(What you need to do)
From the records below, extract only the lines running from the line with "are, and the chunks that are kept" to the line with "pread_cached-Gives zero offs", both lines included, reproducing them exactly.

━━ Records to use

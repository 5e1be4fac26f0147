-- ===== src/Source/Provider/Chunks.antt =====
-- The chunks that a provider keeps, src/source.cpp: each holds the file's bytes at its place.
use neptools.Prelude.{
  ℕ, zero, suc, ◌+◌, ◌-◌, ◌*◌, ◌/◌, ◌≤◌, ◌<◌, ◌≡◌, refl, ap, ◌∙◌, true, none, some, List, [], ◌∷◌,
  ◌++◌, arith, leb, length, take, drop, min, Bool-cases, Option-cases, ltb→lt, leb→le, inl, inr,
}
use native.Mathlib.Nat.{div-add-mod', mod-lt}
use neptools.Prelude.Slices.{drop-drop, take-drop-take}
use neptools.Source.Provider.{
  LowIo, BufEntry, Lru, new_lru, lru_push, covers, lru_find, lru_get, ensure_chunk, to_copy, copied,
}

pub record IsChunk (io : LowIo) (e : BufEntry) : Type 0 where
  pub fits : e.offset + e.size ≤ length io.file
  pub holds : e.ptr ≡ take e.size (drop e.offset io.file)

abbrev pub AreChunks : LowIo → List BufEntry → Type 0
AreChunks io [] = Unit {0}
AreChunks io (e ∷ es) = IsChunk io e × AreChunks io es

pub record IsLru (io : LowIo) (l : Lru) : Type 0 where
  pub first : IsChunk io l.front
  pub others : AreChunks io l.rest

module _ (io : LowIo) where
  AreChunks-append :
      (xs ys : List BufEntry) → AreChunks io xs → AreChunks io ys → AreChunks io (xs ++ ys)
  AreChunks-append [] ys hx hy = hy
  AreChunks-append (x ∷ xs) ys hx hy = (hx.0, AreChunks-append xs ys hx.1 hy)

  AreChunks-take : (n : ℕ) (xs : List BufEntry) → AreChunks io xs → AreChunks io (take n xs)
  AreChunks-take zero xs h = tt
  AreChunks-take (suc n) [] h = tt
  AreChunks-take (suc n) (x ∷ xs) h = (h.0, AreChunks-take n xs h.1)

  -- The array of a new provider.
  pub new_lru-IsLru : IsLru io new_lru
  new_lru-IsLru =
      let e : IsChunk io new_lru.front = record { fits = omega arith; holds = refl } in
      record { first = e; others = (e, (e, (e, tt))) }

  -- What a search finds covers the offset, and is now the first entry.
  pub record Found (offs : ℕ) (l : Lru) : Type 0 where
    pub lru : IsLru io l
    pub covered : covers offs l.front ≡ true

  lru_find-Found :
      (offs : ℕ) (seen xs : List BufEntry) (l : Lru)
      → AreChunks io seen
      → AreChunks io xs
      → lru_find offs seen xs ≡ some l
      → Found offs l
  unfolding lru_find
  lru_find-Found offs seen [] l hs hx h = cc
  lru_find-Found offs seen (x ∷ xs) l hs hx h = elim (Bool-cases (covers offs x)) [
    | inl c ↦
        let moved : record { front = x; rest = seen ++ xs } ≡ l = ground arith in
        rw (← moved) (record {
          lru = record { first = hx.0; others = AreChunks-append seen xs hs hx.1 };
          covered = c;
        })
    | inr c ↦
        lru_find-Found offs (seen ++ x ∷ []) xs l (AreChunks-append seen (x ∷ []) hs (hx.0, tt))
          hx.1 (ground (arith))
  ]

  pub lru_get-Found :
      (offs : ℕ) (l l' : Lru) → IsLru io l → lru_get offs l ≡ some l' → Found offs l'
  lru_get-Found offs l l' w h =
      lru_find-Found offs [] (l.front ∷ l.rest) l' tt (w.first, w.others) h

  module _ (chunk_size : ℕ) (positive : 0 < chunk_size) where
    ensure_chunk-hit :
        (offs : ℕ) (l l' : Lru) → lru_get offs l ≡ some l' → ensure_chunk io chunk_size offs l ≡ l'
    unfolding ensure_chunk
    ensure_chunk-hit offs l l' h = ground arith

    ensure_chunk-miss :
        (offs : ℕ) (l : Lru)
        → lru_get offs l ≡ none
        → ensure_chunk io chunk_size offs l ≡ (
            let ch_offs = offs / chunk_size * chunk_size in
            let size = min chunk_size (length io.file - ch_offs) in
            lru_push (io.pread ch_offs size) ch_offs size l)
    unfolding ensure_chunk
    ensure_chunk-miss offs l h = ground arith

    pub ensure_chunk-Found :
        (offs : ℕ) (l : Lru)
        → offs < length io.file
        → IsLru io l
        → Found offs (ensure_chunk io chunk_size offs l)
    ensure_chunk-Found offs l h w = elim (Option-cases (lru_get offs l)) [
      | inr (l', e) ↦ rw (ensure_chunk-hit offs l l' e) (lru_get-Found offs l l' w e)
      | inl e ↦
          let ch_offs = offs / chunk_size * chunk_size in
          let size = min chunk_size (length io.file - ch_offs) in
          let below : ch_offs ≤ offs = omega (arith, div-add-mod' offs chunk_size) in
          let above : offs < ch_offs + chunk_size =
            omega (arith, div-add-mod' offs chunk_size, mod-lt offs positive) in
          let fits : ch_offs + size ≤ length io.file = omega arith in
          rw (ensure_chunk-miss offs l e) (record {
            lru = record {
              first = record { fits = fits; holds = io.pread_lem ch_offs size fits };
              others = AreChunks-take (length l.rest) (l.front ∷ l.rest) (w.first, w.others);
            };
            covered = ground arith;
          })
    ]

  pub covers_lem :
      (offs : ℕ) (x : BufEntry)
      → covers offs x ≡ true
      → (x.offset ≤ offs) × (offs < x.offset + x.size)
  covers_lem offs x h = elim (Bool-cases (leb x.offset offs)) [
    | inl a ↦ (leb→le x.offset offs a, ltb→lt offs (x.offset + x.size) (ground arith))
    | inr a ↦ absurd (ground arith)
  ]

  -- The bytes copied out of a first entry that covers the offset.
  pub copied_lem :
      (offs n : ℕ) (l : Lru)
      → Found offs l
      → n ≤ l.front.size - (offs - l.front.offset)
      → 0 < n
      → copied offs n l ≡ take n (drop offs io.file)
  copied_lem offs n l f h p =
      let (below, above) = covers_lem offs l.front f.covered in
      let e : l.front.offset + (offs - l.front.offset) ≡ offs = omega arith in
      ap (λ xs. take n (drop (offs - l.front.offset) xs)) f.lru.first.holds
      ∙ take-drop-take n (offs - l.front.offset) l.front.size (drop l.front.offset io.file)
          (omega arith)
      ∙ ap (take n) (drop-drop (offs - l.front.offset) l.front.offset io.file)
      ∙ ap (λ i. take n (drop i io.file)) e

  pub to_copy-positive : (offs len : ℕ) (l : Lru) → Found offs l → 0 < len → 0 < to_copy offs len l
  to_copy-positive offs len l f h =
      let (below, above) = covers_lem offs l.front f.covered in omega arith
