-- ===== src/Source/Provider/Cached.antt =====
-- The reads that go through the kept chunks, src/source.cpp: they return the file's bytes, and keep
-- the chunks right.
use neptools.Prelude.{
  ℕ, zero, suc, ◌+◌, ◌-◌, ◌≤◌, ◌<◌, ◌≡◌, refl, ap, ◌∙◌, true, none, some, [], ◌++◌, arith, ltb,
  length, take, drop, Bool-cases, Option-cases, inl, inr,
}
use neptools.Prelude.Bytes.{Bytes}
use neptools.Prelude.Result.{Result, ok, ◌>>=◌}
use neptools.Prelude.Slices.{blocks_join}
use neptools.Source.Provider.{
  LowIo, Lru, covers, lru_get, ensure_chunk, to_copy, copied, copy_chunks, provider_pread,
  pread_cached, get_temporary_entry,
}
use neptools.Source.Provider.Chunks.{
  IsLru, Found, lru_get-Found, ensure_chunk-Found, copied_lem, to_copy-positive,
}

module _ (io : LowIo) where
  -- A read gave the file's `len` bytes at `offs`, and left an array of chunks that hold the file's
  -- bytes.
  pub record Gives (offs len : ℕ) (r : Result (Bytes × Lru)) : Type 0 where
    pub lru : Lru
    pub result : r ≡ ok (take len (drop offs io.file), lru)
    pub kept : IsLru io lru

  -- A round of either loop: what it copies, and what the rest gives, is the whole.
  round-Gives :
      (offs len : ℕ) (l : Lru) (later : Result (Bytes × Lru))
      → Found io offs l
      → 0 < len
      → Gives (offs + to_copy offs len l) (len - to_copy offs len l) later
      → Gives offs len
          (later >>= λ (bytes, l'). ok (copied offs (to_copy offs len l) l ++ bytes, l'))
  round-Gives offs len l later f p g =
      let n = to_copy offs len l in
      let whole : n + (len - n) ≡ len = omega arith in
      let joined =
        blocks_join n (len - n) offs io.file ∙ ap (λ k. take k (drop offs io.file)) whole in
      record {
        lru = g.lru;
        result = rw (
          g.result,
          copied_lem io offs n l f (omega arith) (to_copy-positive io offs len l f p),
          joined,
        );
        kept = g.kept;
      }

  module _ (chunk_size : ℕ) (positive : 0 < chunk_size) where
    copy_chunks-Gives :
        (fuel offs len : ℕ) (l : Lru)
        → len ≤ fuel
        → offs + len ≤ length io.file
        → IsLru io l
        → Gives offs len (copy_chunks io chunk_size fuel offs len l)
    unfolding copy_chunks
    copy_chunks-Gives fuel offs zero l h fits w = record { lru = l; result = refl; kept = w }
    copy_chunks-Gives zero offs (suc len) l h fits w = absurd (omega arith)
    copy_chunks-Gives (suc fuel) offs (suc len) l h fits w =
        let l' = ensure_chunk io chunk_size offs l in
        let f = ensure_chunk-Found io chunk_size positive offs l (omega arith) w in
        let n = to_copy offs (suc len) l' in
        let p = to_copy-positive io offs (suc len) l' f (omega arith) in
        round-Gives offs (suc len) l' _ f (omega arith)
          (copy_chunks-Gives fuel (offs + n) (suc len - n) l' (omega arith) (omega arith) f.lru)

    provider_pread-Gives :
        (offs len : ℕ) (l : Lru)
        → 0 < len
        → offs + len ≤ length io.file
        → IsLru io l
        → Gives offs len (provider_pread io chunk_size offs len l)
    unfolding provider_pread
    provider_pread-Gives offs len l p fits w = elim (Bool-cases (ltb chunk_size len)) [
      | inl c ↦ record { lru = l; result = ground (arith, io.pread_lem offs len fits); kept = w }
      | inr c ↦
          let g = copy_chunks-Gives len offs len l (omega arith) fits w in
          record { lru = g.lru; result = ground (arith, g.result); kept = g.kept }
    ]

    pread_cached-none :
        (fuel offs : ℕ) (l : Lru) → pread_cached io chunk_size fuel offs 0 l ≡ ok ([], l)
    unfolding pread_cached
    pread_cached-none zero offs l = refl
    pread_cached-none (suc fuel) offs l = refl

    pread_cached-hit :
        (fuel offs len : ℕ) (l l' : Lru)
        → lru_get offs l ≡ some l'
        → pread_cached io chunk_size (suc fuel) offs (suc len) l ≡ (
            pread_cached io chunk_size fuel
              (offs + to_copy offs (suc len) l')
              (suc len - to_copy offs (suc len) l')
              l'
            >>= λ (bytes, l''). ok (copied offs (to_copy offs (suc len) l') l' ++ bytes, l''))
    unfolding pread_cached
    pread_cached-hit fuel offs len l l' h = ground arith

    pread_cached-miss :
        (fuel offs len : ℕ) (l : Lru)
        → lru_get offs l ≡ none
        → pread_cached io chunk_size (suc fuel) offs (suc len) l
          ≡ provider_pread io chunk_size offs (suc len) l
    unfolding pread_cached
    pread_cached-miss fuel offs len l h = ground arith

    -- Read through the chunks, which hold the file's bytes and are not empty, `len` bytes of the
    -- file at `offs` are the file's, whatever the chunks are, and the chunks that are kept
    -- afterwards hold the file's bytes. As many rounds as bytes are enough.
    pub pread_cached-Gives :
        (fuel offs len : ℕ) (l : Lru)
        → len ≤ fuel
        → offs + len ≤ length io.file
        → IsLru io l
        → Gives offs len (pread_cached io chunk_size fuel offs len l)
    pread_cached-Gives (suc fuel) offs (suc len) l h fits w = elim (Option-cases (lru_get offs l)) [
      | inl e ↦
          rw (pread_cached-miss fuel offs len l e)
            (provider_pread-Gives offs (suc len) l (omega arith) fits w)
      | inr (l', e) ↦
          let f = lru_get-Found io offs l l' w e in
          let n = to_copy offs (suc len) l' in
          let p = to_copy-positive io offs (suc len) l' f (omega arith) in
          rw (pread_cached-hit fuel offs len l l' e) (
            round-Gives offs (suc len) l' _ f (omega arith) (
              pread_cached-Gives fuel (offs + n) (suc len - n) l' (omega arith) (omega arith)
                f.lru))
    ]
    pread_cached-Gives zero offs (suc len) l h fits w = absurd (omega arith)
    pread_cached-Gives fuel offs zero l h fits w = record {
      lru = l;
      result = pread_cached-none fuel offs l;
      kept = w;
    }

    get_temporary_entry-hit :
        (offs : ℕ) (l l' : Lru)
        → lru_get offs l ≡ some l'
        → get_temporary_entry io chunk_size offs l ≡ ok l'
    unfolding get_temporary_entry
    get_temporary_entry-hit offs l l' h = ground arith

    get_temporary_entry-miss :
        (offs : ℕ) (l : Lru)
        → lru_get offs l ≡ none
        → covers offs (ensure_chunk io chunk_size offs l).front ≡ true
        → get_temporary_entry io chunk_size offs l ≡ ok (ensure_chunk io chunk_size offs l)
    unfolding get_temporary_entry provider_pread
    get_temporary_entry-miss offs l h c = ground arith

    -- `GetTemporaryEntry` of an offset in the file returns a chunk there: its assertion holds.
    pub get_temporary_entry-Found :
        (offs : ℕ) (l : Lru)
        → offs < length io.file
        → IsLru io l
        → (l' : Lru) × (get_temporary_entry io chunk_size offs l ≡ ok l') × Found io offs l'
    get_temporary_entry-Found offs l h w = elim (Option-cases (lru_get offs l)) [
      | inr (l', e) ↦ (l', get_temporary_entry-hit offs l l' e, lru_get-Found io offs l l' w e)
      | inl e ↦
          let f = ensure_chunk-Found io chunk_size positive offs l h w in
          (ensure_chunk io chunk_size offs l, get_temporary_entry-miss offs l e f.covered, f)
    ]
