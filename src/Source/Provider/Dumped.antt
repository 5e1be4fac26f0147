-- ===== src/Source/Provider/Dumped.antt =====
-- `Source::GetChunk` and `Source::Dump` of src/source.cpp: the sink is given the window's bytes.
use neptools.Prelude.{
  ℕ, zero, suc, ◌+◌, ◌-◌, ◌≤◌, ◌<◌, ◌≡◌, ◌∙◌, [], ◌++◌, arith, ltb, length, take, drop, min,
  Bool-cases, inl, inr, length-take, length-drop, ltb→lt,
}
use neptools.Prelude.Bytes.{Bytes}
use neptools.Prelude.Result.{ok}
use neptools.Prelude.Slices.{blocks_join}
use neptools.Source.Provider.{LowIo, Lru, get_chunk, dump_chunks}
use neptools.Source.Provider.Chunks.{IsLru, copied_lem, covers_lem}
use neptools.Source.Provider.Cached.{get_temporary_entry-Found, Gives}

module _ (io : LowIo) (chunk_size : ℕ) (positive : 0 < chunk_size) (offset size : ℕ)
    (fits : offset + size ≤ length io.file) where
  -- `GetChunk` returned `n` bytes of the window, at least one.
  record IsPart (offs : ℕ) (l : Lru) : Type 0 where
    pub n : ℕ
    pub lru : Lru
    pub result :
        get_chunk io chunk_size offset size offs l ≡ ok (take n (drop (offset + offs) io.file), lru)
    pub some_bytes : 0 < n
    pub in_window : n ≤ size - offs
    pub kept : IsLru io lru

  get_chunk-IsPart : (offs : ℕ) (l : Lru) → offs < size → IsLru io l → IsPart offs l
  unfolding get_chunk
  get_chunk-IsPart offs l h w =
      let (l', e, f) =
        get_temporary_entry-Found io chunk_size positive (offs + offset) l (omega arith) w in
      let (below, above) = covers_lem io (offs + offset) l'.front f.covered in
      let n = min (l'.front.size - (offs + offset - l'.front.offset)) (size - offs) in
      let c = copied_lem io (offs + offset) n l' f (omega arith) (omega arith) in
      let order : offs + offset ≡ offset + offs = omega arith in
      record {
        n = n;
        lru = l';
        result = ground (arith, e, c, order);
        some_bytes = omega arith;
        in_window = omega arith;
        kept = f.lru;
      }

  length-block : (offs n : ℕ) → offs + n ≤ size → length (take n (drop (offset + offs) io.file)) ≡ n
  length-block offs n h = rw length-take (rw length-drop (omega arith))

  -- A round of the loop that finds bytes left.
  dump_chunks-step :
      (fuel offs n : ℕ) (chunk bytes : Bytes) (l l' l'' : Lru)
      → offs < size
      → get_chunk io chunk_size offset size offs l ≡ ok (chunk, l')
      → length chunk ≡ n
      → dump_chunks io chunk_size fuel offset size (offs + n) l' ≡ ok (bytes, l'')
      → dump_chunks io chunk_size (suc fuel) offset size offs l ≡ ok (chunk ++ bytes, l'')
  unfolding dump_chunks
  dump_chunks-step fuel offs n chunk bytes l l' l'' h e c r =
      let r' : dump_chunks io chunk_size fuel offset size (offs + length chunk) l'
          ≡ ok (bytes, l'') =
        rw c r in
      ground (arith, e, r')

  dump_chunks-end :
      (fuel offs : ℕ) (l : Lru)
      → size ≤ offs
      → dump_chunks io chunk_size fuel offset size offs l ≡ ok ([], l)
  unfolding dump_chunks
  dump_chunks-end zero offs l h = ground arith
  dump_chunks-end (suc fuel) offs l h = ground arith

  -- The loop of `Source::Dump` over a window of the file, from `offs` on and with chunks that hold
  -- the file's bytes, gives the sink the rest of the window, and the chunks that are kept
  -- afterwards hold the file's bytes. As many rounds as bytes are enough, and no assertion fails.
  pub dump_chunks-Gives :
      (fuel offs : ℕ) (l : Lru)
      → size - offs ≤ fuel
      → IsLru io l
      → Gives io (offset + offs) (size - offs) (dump_chunks io chunk_size fuel offset size offs l)
  dump_chunks-Gives zero offs l h w =
      let none_left : size - offs ≡ 0 = omega arith in
      record {
        lru = l;
        result = rw none_left (dump_chunks-end zero offs l (omega arith));
        kept = w;
      }
  dump_chunks-Gives (suc fuel) offs l h w = elim (Bool-cases (ltb offs size)) [
    | inr c ↦
        let none_left : size - offs ≡ 0 = ground arith in
        record {
          lru = l;
          result = rw none_left (dump_chunks-end (suc fuel) offs l (ground arith));
          kept = w;
        }
    | inl c ↦
        let below = ltb→lt offs size c in
        let g = get_chunk-IsPart offs l below w in
        let n = length-block offs g.n (omega (arith, g.in_window)) in
        let later =
          dump_chunks-Gives fuel (offs + g.n) g.lru (omega (arith, g.some_bytes)) g.kept in
        let whole : g.n + (size - (offs + g.n)) ≡ size - offs = omega (arith, g.in_window) in
        let order : offset + (offs + g.n) ≡ offset + offs + g.n = omega arith in
        let joined = blocks_join g.n (size - (offs + g.n)) (offset + offs) io.file in
        record {
          lru = later.lru;
          result =
              dump_chunks-step fuel offs g.n (take g.n (drop (offset + offs) io.file))
                (take (size - (offs + g.n)) (drop (offset + (offs + g.n)) io.file)) l g.lru
                later.lru below g.result n later.result
              ∙ rw (order, joined, whole);
          kept = later.kept;
        }
  ]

━━━━

(Your solution)
    -- file at `offs` are the file's, whatever the chunks are, and the chunks that are kept
    -- afterwards hold the file's bytes. As many rounds as bytes are enough.
    pub pread_cached-Gives :
        (fuel offs len : ℕ) (l : Lru)
        → len ≤ fuel
        → offs + len ≤ length io.file
        → IsLru io l
        → Gives offs len (pread_cached io chunk_size fuel offs len l)
    pread_cached-Gives (suc fuel) offs (suc len) l h fits w = elim (Option-cases (lru_get offs l)) [
      | inl e ↦
          rw (pread_cached-miss fuel offs len l e)
            (provider_pread-Gives offs (suc len) l (omega arith) fits w)
      | inr (l', e) ↦
          let f = lru_get-Found io offs l l' w e in
          let n = to_copy offs (suc len) l' in
          let p = to_copy-positive io offs (suc len) l' f (omega arith) in
          rw (pread_cached-hit fuel offs len l l' e) (
            round-Gives offs (suc len) l' _ f (omega arith) (
              pread_cached-Gives fuel (offs + n) (suc len - n) l' (omega arith) (omega arith)
                f.lru))
    ]
    pread_cached-Gives zero offs (suc len) l h fits w = absurd (omega arith)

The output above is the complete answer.